● TASK DIRECTIONS
Every line with the string "Runtime" should be copied from the data.

^^^^

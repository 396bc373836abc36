-- ===== src/Api/Answers.antt =====
-- What the answers of the API say.
use kitchen_ops.Base.{
  ℕ, ◌≡◌, ◌≢◌, ◌⊎◌, inl, inr, refl, Bool-cases, Option, none, some, Option-cases, Bytes, codes,
  find?, has_key, arith,
}
use kitchen_ops.Models.{TaskModel}
use kitchen_ops.Runtime.{Services, Kitchen, Action, Result, ok, err, Error, call}
use kitchen_ops.Runtime.Atomic.{AllOrNothing}
use kitchen_ops.Repository.Lifecycle.{get_task_by_id}
use kitchen_ops.Application.Tasks.{start_task, complete_task, get_task}
use kitchen_ops.Consistency.Board.{Board, board}
use kitchen_ops.Consistency.Board.Effects.{
  Started, Completed, start_task-Started, complete_task-Completed,
}
use kitchen_ops.Api.{
  Response, write_json, task_payload, is_panic, failure, status_response, respond, with_task_id,
  parse_task_id, handle_start_task, handle_complete_task, handle_get_task,
}

-- The status is 200 and `Effect` holds, or it is not 200 and the database is as it was.
abbrev pub Answered : {F Q : Type 0} → Type 0 → Kitchen F Q → Response F × Kitchen F Q → Type 0
Answered Effect s r = ((r.0.status ≡ 200) × Effect) ⊎ ((r.0.status ≢ 200) × (r.1.db ≡ s.db))

failure-status : (F : Type 0) (e : Error) → (failure {F = F} 400 e).status ≢ 200
failure-status F e = elim (Bool-cases (is_panic e)) [
  | inl panic ↦ rw panic (λ h. omega (arith, h))
  | inr error ↦ rw error (λ h. omega (arith, h))
]

module _ {F Q : Type 0} (w : Services F Q) (s : Kitchen F Q) where
  answered :
      (P : Board F → Board F → Type 0) (text : Bytes) (r : Result (Unit {0}) × Kitchen F Q)
      → AllOrNothing (λ _ db. P (board s.db) (board db)) s.db r
      → Answered (P (board s.db) (board r.1.db)) s (respond (status_response text) r)
  answered P text (ok a, t) h = inl (refl, h)
  answered P text (err e, t) h = inr (failure-status F e, h)

  task-Answered :
      (act : ℕ → Action F Q (Unit {0})) (P : ℕ → Board F → Board F → Type 0) (text : Bytes)
      (o : Option ℕ)
      → ((task_id : ℕ)
          → AllOrNothing (λ _ db. P task_id (board s.db) (board db)) s.db (act task_id s))
      → Answered
          ((task_id : ℕ) × (o ≡ some task_id)
            × P task_id (board s.db) (
                board
                  (with_task_id w o (λ id s'. respond (status_response text) (act id s')) s).1.db))
          s
          (with_task_id w o (λ id s'. respond (status_response text) (act id s')) s)
  task-Answered act P text none h = inr ((λ e. omega (arith, e)), refl)
  task-Answered act P text (some task_id) h =
      elim (answered (P task_id) text (act task_id s) (h task_id)) [
        | inl (done, effect) ↦ inl (done, (task_id, refl, effect))
        | inr refused ↦ inr refused
      ]

  -- StartTask either answers 200, and then the id is a number, its task was assigned, and the board
  -- differs in this task's row only, which is started now; or it answers another status, and the
  -- database is as it was, whatever failed.
  pub handle_start_task-Answered :
      (param : Bytes)
      → Answered
          ((task_id : ℕ) × (parse_task_id param ≡ some task_id)
            × Started
                (w.clock s.calls)
                task_id
                (board s.db)
                (board (handle_start_task w param s).1.db))
          s
          (handle_start_task w param s)
  unfolding handle_start_task
  handle_start_task-Answered param =
      task-Answered (start_task w) (Started (w.clock s.calls)) (codes "STARTED")
        (parse_task_id param) (λ task_id. start_task-Started w task_id s)

  -- CompleteTask either answers 200, and then the id is a number, its task was started, and on the
  -- board it is now completed, each unassigned task that depends on it waits for one task less, and
  -- its order is advanced, or closed if nothing of it is left; or it answers another status, and the
  -- database is as it was, whatever failed.
  pub handle_complete_task-Answered :
      (param : Bytes)
      → Answered
          ((task_id : ℕ) × (parse_task_id param ≡ some task_id)
            × Completed
                (w.clock s.calls)
                task_id
                (board s.db)
                (board (handle_complete_task w param s).1.db))
          s
          (handle_complete_task w param s)
  unfolding handle_complete_task
  handle_complete_task-Answered param =
      task-Answered (complete_task w) (Completed (w.clock s.calls)) (codes "COMPLETED")
        (parse_task_id param) (λ task_id. complete_task-Completed w task_id s)

  -- For a number in the path GetTask answers 200 with the task's row if there is one, 404 if there is
  -- none, and 500 if the read fails; the database is as it was.
  pub handle_get_task_answers :
      (param : Bytes) (task_id : ℕ)
      → parse_task_id param ≡ some task_id
      → ((handle_get_task w param s).1.db ≡ s.db)
        × (((t : TaskModel F) × (find? (has_key (λ r. r.id) task_id) s.db.tasks ≡ some t)
              × ((handle_get_task w param s).0 ≡ write_json 200 (task_payload t)))
            ⊎ (((find? (has_key (λ r. r.id) task_id) s.db.tasks ≡ none)
                  × ((handle_get_task w param s).0.status ≡ 404))
                ⊎ ((text : Bytes) × (w.fails s.calls ≡ some text)
                    × ((handle_get_task w param s).0.status ≡ 500))))
  unfolding handle_get_task get_task get_task_by_id call
  handle_get_task_answers param task_id number = elim (Option-cases (w.fails s.calls)) [
    | inr (text, failed) ↦ rw (number, failed) (refl, inr (inr (text, refl, refl)))
    | inl answers ↦ elim (Option-cases (find? (has_key (λ r. r.id) task_id) s.db.tasks)) [
      | inl missing ↦ rw (number, answers, missing) (refl, inr (inl (refl, refl)))
      | inr (t, found) ↦ rw (number, answers, found) (refl, inl (t, refl, refl))
    ]
  ]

^^^^

● RESULT OF THIS TASK
use kitchen_ops.Runtime.{Services, Kitchen, Action, Result, ok, err, Error, call}
use kitchen_ops.Runtime.Atomic.{AllOrNothing}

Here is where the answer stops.